Table 3 Iteration report for the main analysis

Convergence= and Iterations= control the number of iterations performed. Write=Yes writes the details reported on screen into Table 2. The number of iterations required depends on how difficult it is to obtain good estimates from the data. Many iterations may be required if

 

1) there is a poor fit of the data to the Rasch model.

2) the element parameter distribution is badly skewed or multi-modal.

3) there are rarely observed response categories.

4) exceedingly precise Convergence= criteria have been specified.

5) the data matrix is composed of disjoint subsets of observations, e.g., boys rated by Judge A, but girls by Judge B. When this is detected, a warning message is displayed.

 

 

Table 3. Iteration Report.

-------------------------------------------------------------

| Iteration      Max. Score Residual      Max. Logit Change |

|             Elements    %  Categories   Elements    Steps |

-------------------------------------------------------------

| PROX   1                                   .7405          |

| JMLE   2     26.6978  22.2    29.9588      .3374    .9902 |

| JMLE   3     22.4284  13.4    27.3399     -.1155   1.0049 |

| JMLE   4     11.0189   6.6    22.0935     -.0514    .9957 |

| JMLE   5     -3.5380  -2.9     9.5224     -.0304   -.7481 |

| JMLE   6     -5.7141  -4.8     2.6727     -.0620   -.2008 |

| JMLE   7     -4.5692  -3.4     1.8210      .0501   -.0892 |

| JMLE   8     -3.5327  -2.5     1.4746      .0393   -.0599 |

| JMLE   9     -2.7709  -1.9     1.2091      .0314   -.0529 |

| JMLE  10     -2.1980  -1.4      .9963      .0255   -.0446 |

| JMLE  11     -1.7600  -1.1      .8245      .0209   -.0371 |

| JMLE  12     -1.4209   -.9      .6847      .0172   -.0309 |

| JMLE  13     -1.1553   -.7      .5703      .0143   -.0258 |

| JMLE  14      -.9451   -.6      .4761      .0119   -.0215 |

| JMLE  15      -.7771   -.5      .3982      .0099   -.0180 |

| JMLE  16      -.6418   -.4      .3336      .0083   -.0151 |

| JMLE  17      -.5319   -.3      .2798      .0069   -.0127 |

| JMLE  18      -.4422   -.3      .2349      .0058   -.0106 |

| JMLE  19      -.3685   -.2      .1974      .0049   -.0089 |

-------------------------------------------------------------

Subset connection O.K.

 

Iteration counts the number of times the data has been read.

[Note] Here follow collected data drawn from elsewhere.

-- ===== src/Auth/Session.antt =====
-- api/routers/auth.py: sessions. A session is a family of refresh tokens, each good for one refresh.
-- The new token's text and the identifiers of new rows are given; a result is the refresh token
-- of the cookie that is set, with the user whom the access token is for.
pub mod Rotation
use perzforge.Prelude.{
  length, codes, ℕ, ◌+◌, ◌*◌, Bool, true, false, not, ◌&&◌, ◌||◌, Option, none, some, List, [], ◌∷◌,
  ◌++◌, String, Text, find?, update_where, str_eq, leb, ◌==◌, if◌then◌else◌,
}
use perzforge.Settings.{Settings}
use perzforge.Schema.{User, RefreshToken, Db}
use perzforge.Http.{Result, ok, err, Error, http}
use perzforge.Auth.{Crypto, find_user}

-- What the random generators yield for a request: token, row and family.
pub record Fresh : Type 0 where
  pub token : Text
  pub row_id : ℕ
  pub family_id : ℕ

abbrev pub Issued : Type 0
Issued = Text × User

abbrev pub find_token : Crypto → Text → Db → Option RefreshToken
find_token c token db = find? (λ t. str_eq t.token_hash (c.hash_token token)) db.refresh_tokens

abbrev pub revoke : RefreshToken → RefreshToken
revoke t = record t { revoked = true }

abbrev pub revoke_where : (RefreshToken → Bool) → Db → Db
revoke_where p db = record db { refresh_tokens = update_where p revoke db.refresh_tokens }

unfoldable pub revoke_all_refresh_families : ℕ → Db → Db
revoke_all_refresh_families user_id db = revoke_where (λ t. t.user_id == user_id) db

unfoldable pub revoke_token_family : ℕ → Db → Db
revoke_token_family family_id db = revoke_where (λ t. t.family_id == family_id) db

abbrev pub new_token : Settings → Crypto → ℕ → Fresh → ℕ → ℕ → RefreshToken
new_token s c now fresh user_id family_id = record {
  id = fresh.row_id;
  user_id = user_id;
  token_hash = c.hash_token fresh.token;
  family_id = family_id;
  expires_at = now + s.jwt_refresh_ttl_days * (24 * 60 * 60);
  revoked = false;
}

-- A family of its own, or that of the token that is replaced.
abbrev pub or_new : Option ℕ → ℕ → ℕ
or_new none fresh = fresh
or_new (some family_id) fresh = family_id

unfoldable pub issue_refresh_token : Settings → Crypto → ℕ → Fresh → User → Option ℕ → Db → Db
issue_refresh_token s c now fresh user family_id db = record db {
  refresh_tokens =
      db.refresh_tokens ++ new_token s c now fresh user.id (or_new family_id fresh.family_id) ∷ [];
}

abbrev pub invalid_credentials : Error
invalid_credentials = http 401 "Invalid email or password"

abbrev pub login_as : Settings → Crypto → ℕ → Fresh → String → Option User → Db → Result Issued × Db
login_as s c now fresh password none db = (err invalid_credentials, db)
login_as s c now fresh password (some user) db =
    if user.disabled || not (c.verify_password password user.password_hash)
    then (err invalid_credentials, db)
    else (ok (fresh.token, user), issue_refresh_token s c now fresh user none db)

-- The email is in lower case, as the rows have it.
unfoldable pub login : Settings → Crypto → ℕ → Fresh → String → String → Db → Result Issued × Db
login s c now fresh email password db =
    login_as s c now fresh password (find? (λ u. str_eq u.email email) db.users) db

abbrev pub invalid_refresh : Error
invalid_refresh = http 401 "Invalid or expired refresh token"

-- The rotation, once the token is good.
abbrev pub rotate :
    Settings → Crypto → ℕ → Fresh → RefreshToken → Option User → Db → Result Issued × Db
rotate s c now fresh row none db = (err invalid_refresh, revoke_token_family row.family_id db)
rotate s c now fresh row (some user) db = (
  ok (fresh.token, user),
  issue_refresh_token s c now fresh user (some row.family_id)
      (revoke_where (λ t. t.id == row.id) db),
)

abbrev pub refresh_row :
    Settings → Crypto → ℕ → Fresh → Option RefreshToken → Db → Result Issued × Db
refresh_row s c now fresh none db = (err invalid_refresh, db)
refresh_row s c now fresh (some row) db =
    if row.revoked
    then (err invalid_refresh, revoke_token_family row.family_id db)
    else if leb row.expires_at now
    then (err invalid_refresh, revoke_where (λ t. t.id == row.id) db)
    else rotate s c now fresh row (find_user row.user_id db) db

-- `none` and an empty text are a request without the cookie.
unfoldable pub refresh_session :
    Settings → Crypto → ℕ → Fresh → Option Text → Db → Result Issued × Db
refresh_session s c now fresh none db = (err invalid_refresh, db)
refresh_session s c now fresh (some []) db = (err invalid_refresh, db)
refresh_session s c now fresh (some (x ∷ token)) db =
    refresh_row s c now fresh (find_token c (x ∷ token) db) db

abbrev pub logout_row : Option RefreshToken → Db → Db
logout_row none db = db
logout_row (some row) db = revoke_token_family row.family_id db

unfoldable pub logout : Crypto → Option Text → Db → Db
logout c none db = db
logout c (some []) db = db
logout c (some (x ∷ token)) db = logout_row (find_token c (x ∷ token) db) db

abbrev pub with_password : Crypto → String → User → User
with_password c password user = record user {
  password_hash = c.hash_password password;
  must_change_password = false;
}

unfoldable pub change_password : Crypto → String → String → User → Db → Result (Unit {0}) × Db
change_password c old_password new_password user db =
    if not (leb 12 (length (codes new_password)))
    then (err (http 422 "new_password"), db)
    else if c.verify_password old_password user.password_hash
    then (
      ok tt,
      revoke_all_refresh_families user.id (record db {
        users = update_where (λ u. u.id == user.id) (with_password c new_password) db.users;
      }),
    )
    else (err (http 401 "Invalid current password"), db)
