-- ===== src/Relay/Tests.antt =====
-- The theorems on the relays at concrete states.
use ice_adapter.Base.{◌≡◌, refl, pos, Bytes, true, false, [], ◌∷◌, codes}
use ice_adapter.Json.Sample.{Sample, sample_lib, text, nothing, entry}
use ice_adapter.Relay.State.{RelayOptions, Webrtc, PeerRelay, ok}
use ice_adapter.Relay.Close.{initial, close, reinit}
use ice_adapter.Relay.Events.{ice_connection_changed, on_event}
use ice_adapter.Relay.Safety.{IsUsable, on_event_safe}
use ice_adapter.Relay.Closing.{closed_relay, close_lem, reconnected, reinit_lem}
use ice_adapter.Relay.Connection.{failed}

abbrev pub sample_webrtc : Webrtc
sample_webrtc = record {
  creates_connection = λ servers. true;
  parses_sdp = λ type sdp. true;
  parses_candidate = λ mid index candidate. true;
  close_signals = codes "closed" ∷ [];
}

abbrev pub peer_options : RelayOptions
peer_options = record {
  remote_player_id = pos 7;
  remote_player_login = codes "Rhiza";
  is_offerer = false;
  game_udp_port = pos 6112;
  ice_servers = [];
}

-- The relay for player 7, on port 5000.
abbrev pub peer_relay : PeerRelay sample_lib
peer_relay = initial sample_lib 50 5000 peer_options

abbrev offer_message : Sample
offer_message =
    entry (entry nothing (codes "type") (text (codes "offer"))) (codes "sdp") (text (codes "v=0"))

-- The offering side of a relay with a connection, which is lost.
abbrev offering_relay : PeerRelay sample_lib
offering_relay = record peer_relay {
  is_offerer = true;
  peer_connection = true;
  data_channel = true;
}

on_event_safe_example :
    (s : PeerRelay sample_lib) × (on_event sample_lib sample_webrtc 90
        (ice_connection_changed failed)
        offering_relay
      ≡ ok s)
    × IsUsable sample_lib sample_webrtc s
on_event_safe_example =
    on_event_safe sample_lib sample_webrtc 90 (ice_connection_changed failed) offering_relay
      (refl, refl) refl

close_lem_example :
    (last : Bytes) × (close sample_lib sample_webrtc 90 offering_relay
      ≡ ok (closed_relay sample_lib last offering_relay))
close_lem_example = close_lem sample_lib sample_webrtc 90 offering_relay

reinit_lem_example :
    (last : Bytes) × (reinit sample_lib sample_webrtc 90 offering_relay
      ≡ ok (reconnected sample_lib sample_webrtc 90 last offering_relay))
reinit_lem_example = reinit_lem sample_lib sample_webrtc 90 offering_relay refl
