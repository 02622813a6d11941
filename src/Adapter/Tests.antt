-- ===== src/Adapter/Tests.antt =====
-- The theorems on the adapter at concrete states.
use ice_adapter.Base.{
  ℕ, ◌≡◌, ◌≢◌, ◌⊎◌, List, refl, pos, ℤ_eq, Bytes, true, false, [], ◌∷◌, some, codes, arith, str_eq,
  int32_of, put_int32, pattern_of, ◌++◌,
}
use ice_adapter.Json.Sample.{
  Sample, sample_lib, sample_laws, sample_objects, int, text, flag, nothing, no_items, items, entry,
}
use ice_adapter.GpgNet.Message.{to_binary, put_chunks, put_chunk}
use ice_adapter.GpgNet.Server.{GpgNetServer, has_connected_client, send_message}
use ice_adapter.Relay.State.{IceServer, ok, threw}
use ice_adapter.Relay.Close.{make as make_relay}
use ice_adapter.Relay.Connection.{text_of}
use ice_adapter.Adapter.State.{
  IceAdapter, IceAdapterGameTask, IceAdapterOptions, connect_to_peer, disconnect_from_peer, find,
  assign, make, Moment, Exec,
}
use ice_adapter.Adapter.Tasks.{try_execute_game_tasks, queue_game_task}
use ice_adapter.Adapter.Servers.{set_servers, collect, ice_server_of, urls_of, strings}
use ice_adapter.Adapter.Status.{Listening}
use ice_adapter.Adapter.Handlers.{
  Reply, caught, callback_of, on_quit, on_connect_to_peer, checked, try_block,
}
use ice_adapter.Adapter.TaskOrder.{ready_front, waiting_rest, messages_of, send_all, with_server}
use ice_adapter.Adapter.Delivered.{IsSane, Broadcasts, try_execute_delivers}
use ice_adapter.Adapter.Synced.{IsSynced}
use ice_adapter.Adapter.PartialList.{
  FirstServers, no_elements, read_element, IsUnreadable, set_servers_throws,
}
use ice_adapter.Adapter.Methods.{create_peer_relay, connect}
use ice_adapter.Adapter.Steps.{requested, Reach, here, after, reachable_relay_in_sync}
use ice_adapter.Adapter.Service.{adapter_service, run_handler, adapter_answers}
use ice_adapter.Rpc.Node.{Link, Service, Called, returned, ended, Node}
use ice_adapter.Rpc.Dispatch.{params_of, process_json_message}
use ice_adapter.Rpc.Dispatch
use ice_adapter.Rpc.Responses.{CarriesId, Replies}
use ice_adapter.Rpc.Answers.{replied}
use ice_adapter.Relay.Tests.{sample_webrtc, peer_relay}

abbrev connect_task : IceAdapterGameTask
connect_task = record {
  task = connect_to_peer;
  host_map = [];
  remote_login = codes "Rhiza";
  remote_id = pos 7;
}

abbrev leave_task : IceAdapterGameTask
leave_task = record {
  task = disconnect_from_peer;
  host_map = [];
  remote_login = [];
  remote_id = pos 9;
}

abbrev game_server : GpgNetServer
game_server = record { connected = 3 ∷ []; posted = []; written = [] }

abbrev adapter_options : IceAdapterOptions
adapter_options = record {
  local_player_id = pos 1;
  local_player_login = codes "Me";
  rpc_port = pos 7236;
  gpg_net_port = pos 0;
  game_udp_port = pos 6112;
  log_directory = [];
  log_level = codes "info";
}

-- A game is in its lobby state, and two tasks are queued.
abbrev busy_adapter : IceAdapter sample_lib
busy_adapter = record {
  options = adapter_options;
  gpgnet_server = game_server;
  game_tasks = connect_task ∷ leave_task ∷ [];
  gpgnet_game_state = codes "Lobby";
  relays = (pos 7, peer_relay) ∷ [];
  gametask_string = codes "Idle";
  ice_servers = [];
  lobby_init_mode = codes "normal";
  lobby_port = pos 6112;
  requests = [];
  quitting = false;
}

-- The game is not in its lobby yet: only a task that drops a peer runs.
abbrev waiting_adapter : IceAdapter sample_lib
waiting_adapter = record busy_adapter {
  game_tasks = leave_task ∷ connect_task ∷ [];
  gpgnet_game_state = codes "Idle";
}

has_game : has_connected_client game_server ≡ true
unfolding has_connected_client
has_game = refl

leave_task-IsSane : IsSane leave_task
leave_task-IsSane = record {
  map_fits = omega arith;
  login_fits = omega arith;
  id_fits = omega arith;
}

connect_task-IsSane : IsSane connect_task
connect_task-IsSane = record {
  map_fits = omega arith;
  login_fits = omega arith;
  id_fits = omega arith;
}

try_execute_delivers_example :
    (s' : GpgNetServer) × (try_execute_game_tasks sample_lib busy_adapter ≡ (
      ok tt,
      with_server sample_lib busy_adapter s'
          (waiting_rest sample_lib busy_adapter busy_adapter.game_tasks),
    ))
    × Broadcasts sample_lib sample_laws game_server
        (messages_of sample_lib busy_adapter.relays
          (ready_front sample_lib busy_adapter busy_adapter.game_tasks))
        s'
try_execute_delivers_example =
    try_execute_delivers sample_lib sample_laws busy_adapter has_game
      (connect_task-IsSane, (leave_task-IsSane, tt)) (omega arith, tt)

-- What the game receives for `leave_task`.
abbrev leave_bytes : Bytes
leave_bytes =
    (18 ∷ 0 ∷ 0 ∷ 0 ∷ []) ++ codes "DisconnectFromPeer" ++ (1 ∷ 0 ∷ 0 ∷ 0 ∷ 0 ∷ 9 ∷ 0 ∷ 0 ∷ 0 ∷ [])

abbrev told_server : GpgNetServer
told_server = record game_server { written = (3, leave_bytes) ∷ [] }

leave_sent :
    send_all sample_lib
      (messages_of sample_lib waiting_adapter.relays
        (ready_front sample_lib waiting_adapter waiting_adapter.game_tasks))
      game_server
    ≡ some told_server
unfolding send_message to_binary put_chunks put_chunk put_int32 int32_of pattern_of str_eq
leave_sent = refl

-- Two elements, the second without a `url` that is a string.
abbrev good_server : Sample
good_server =
    entry
      (entry (entry (entry nothing (codes "url") (text (codes "stun:a"))) (codes "urls") no_items)
        (codes "credential") (text (codes "pw")))
      (codes "username") (text (codes "me"))

abbrev sample_server : IceServer
sample_server = record {
  uri = codes "stun:a";
  urls = [];
  password = codes "pw";
  username = codes "me";
}

abbrev bad_server : Sample
bad_server = entry good_server (codes "url") no_items

busy-IsSynced : IsSynced sample_lib busy_adapter
busy-IsSynced = ((refl, refl, refl), tt)

returns_on_good : (set_servers sample_lib (items no_items good_server) busy_adapter).0 ≢ threw
unfolding set_servers collect ice_server_of urls_of strings text_of str_eq
returns_on_good e = cc

-- The second of three elements cannot be read.
abbrev mixed_servers : Sample
mixed_servers = items (items (items no_items good_server) bad_server) good_server

good_first : FirstServers sample_lib mixed_servers 1 ([] ++ (sample_server ∷ []))
unfolding ice_server_of urls_of strings text_of str_eq
good_first = read_element 0 [] sample_server no_elements refl refl

bad_second : IsUnreadable sample_lib mixed_servers 1
unfolding ice_server_of urls_of strings text_of str_eq
bad_second = (refl, refl)

set_servers_throws_example :
    set_servers sample_lib mixed_servers busy_adapter
    ≡ (threw, record busy_adapter { ice_servers = sample_server ∷ [] })
set_servers_throws_example =
    set_servers_throws sample_lib mixed_servers 1 ([] ++ (sample_server ∷ [])) busy_adapter
      (omega arith) good_first bad_second

abbrev connect_params : Sample
connect_params = items (items (items no_items (text (codes "Rhiza"))) (int (pos 7))) (flag false)

abbrev connect_moment : Moment
connect_moment = record { now = 50; port = 5000 }

abbrev sample_listening : Listening
sample_listening = record { version = codes "1"; rpc_port = pos 7236; gpgnet_port = pos 7237 }

abbrev connect_call : Exec sample_lib (Reply Sample)
connect_call = on_connect_to_peer sample_lib sample_webrtc connect_moment connect_params

abbrev first_state : IceAdapter sample_lib
first_state = make sample_lib adapter_options 6113

-- The state after `connectToPeer`, called before a game has connected.
abbrev second_state : IceAdapter sample_lib
second_state = (connect_call first_state).1

connect_is_registered :
    callback_of sample_lib sample_webrtc sample_listening connect_moment (codes "connectToPeer")
    ≡ some (on_connect_to_peer sample_lib sample_webrtc connect_moment)
unfolding callback_of str_eq
connect_is_registered = refl

connect_returns : (connect_call first_state).0 ≢ ok caught
unfolding on_connect_to_peer checked try_block connect create_peer_relay queue_game_task
    try_execute_game_tasks has_connected_client make_relay make find assign ℤ_eq
connect_returns e = ground arith

relay_is_registered : find (pos 7) second_state.relays ≡ some peer_relay
unfolding on_connect_to_peer checked try_block connect create_peer_relay queue_game_task
    try_execute_game_tasks has_connected_client make_relay make find assign ℤ_eq
relay_is_registered = refl

second_reached : Reach sample_lib sample_webrtc first_state second_state
second_reached = after first_state second_state here (
    requested sample_listening connect_moment (codes "connectToPeer") connect_params
      (on_connect_to_peer sample_lib sample_webrtc connect_moment) connect_is_registered
      connect_returns)

reachable_relay_in_sync_example :
    (peer_relay.ice_server_list ≡ second_state.ice_servers)
    × (peer_relay.remote_player_id ≡ pos 7)
    × (peer_relay.game_udp_port ≡ second_state.lobby_port)
reachable_relay_in_sync_example =
    reachable_relay_in_sync sample_lib sample_webrtc adapter_options 6113 second_state (pos 7)
      peer_relay second_reached relay_is_registered

-- A client of which every message is kept.
abbrev sample_link : Link
sample_link = record {
  State = List Bytes;
  send_message = λ message socket log. (true, log ++ (message ∷ []));
}

abbrev sample_adapter : Service sample_lib
sample_adapter =
    adapter_service sample_lib sample_webrtc sample_listening connect_moment (codes "what")

abbrev adapter_node : Node sample_lib sample_link sample_adapter ℕ
adapter_node = record {
  service = first_state;
  link = [];
  current_id = 0;
  current_requests = [];
  answered = [];
  has_ended = false;
}

abbrev quit_call : Sample
quit_call = entry (entry nothing (codes "method") (text (codes "quit"))) (codes "id") (int (pos 8))

abbrev quit_handler : Sample → Exec sample_lib (Reply Sample)
quit_handler params = on_quit sample_lib sample_webrtc

abbrev quit_run : Called Sample × List (Bytes × Sample) × IceAdapter sample_lib
quit_run =
    run_handler sample_lib sample_webrtc (codes "what") quit_handler
      (params_of sample_lib sample_link sample_adapter ℕ quit_call) first_state

adapter_answers_example :
    (quit_run.0 ≡ ended)
    ⊎ ((r : Sample) × (e : Sample) × (quit_run.0 ≡ returned r e)
        × (response : Sample) × CarriesId sample_lib sample_laws sample_objects response
            (int (pos 8))
        × Replies sample_lib sample_laws sample_objects response r e
        × (process_json_message sample_lib sample_link sample_adapter ℕ quit_call 3 adapter_node
            ≡ replied sample_lib sample_laws sample_objects sample_link sample_adapter ℕ response 3
                (Dispatch.send_all sample_lib sample_link sample_adapter ℕ quit_run.1
                  (record adapter_node { service = quit_run.2 }))))
unfolding str_eq callback_of
adapter_answers_example =
    adapter_answers sample_lib sample_webrtc sample_laws sample_objects sample_link ℕ
      sample_listening connect_moment (codes "what") quit_call (int (pos 8)) (text (codes "quit"))
      (codes "quit") 3 adapter_node quit_handler (refl, refl, refl, refl, refl, refl) refl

PROX is the "normal approximation algorithm" to obtain approximate estimates speedily. Steps are not estimated during PROX.

JMLE is joint (unconditional) maximum likelihood estimation to obtain precise estimates.

Facets generally produces its results with high precision. This precision is rarely needed in practice before the final runs. There are several ways to lower the precision of the results. Most immediately, Ctrl+F forces Facets to move into the reporting phase at the end of the current iteration through the data. Other specifications include Iterations= and Convergence=. Inspection of the iterations, Table 3 of the output, indicates when the changes per iteration are too small to have any important meaning at the current stage of your analysis. Here this happens after just 4 iterations.

 

Max. Score Residual

Elements: the largest difference (residual), in score points, between the observed and expected score corresponding to any element's parameter estimate. 1.0 is the smallest observable (i.e., in the data) difference with the standard model weighting of 1.

%: the largest residual as a percent of the (maximum possible score - minimum possible score) for any element.

Categories: the largest difference between the observed and expected counts of occurrence corresponding to any category of a rating scale (or partial credit). 1.0 is the smallest observable difference with the standard model weighting of 1.

 

Recount required

when this appears, it means that the scores corresponding to some element parameters had extreme values (either 0 or the maximum possible). These parameters are dropped from estimation, forcing a recount of the marginal scores of the other elements.

 

Max. Logit Change

Elements: the largest change, in logits, between any element parameter estimate this iteration and its estimate the previous iteration. Starting estimates are either 0.0 logits, or the values given in the specification file.

Categories: the largest change, in logits, between any step parameter estimate this iteration and its estimate the previous iteration. Starting estimates are either 0.0 logits, or the values given in the specification file.

 

After the first few iterations, both "Max. Score Residual" and "Max. Logit Change" should steadily reduce in absolute size, i.e., draw closer to zero. There may be occasional perturbations due to unusual data. If the iterative procedure seems to have reached a plateau, you may force termination by pressing the Ctrl+"S" keys simultaneously.

 

The more detailed iteration report, which appears on your screen, can be recorded in your output file with a "Write=Yes" specification

 

Subset connection O.K.

Facets has verified that all measures can be estimated in one, unambiguous frame of reference. Warning messages here require investigation.


Help for Facets (64-bit) Rasch Measurement and Rasch Analysis Software: www.winsteps.com Author: John Michael Linacre.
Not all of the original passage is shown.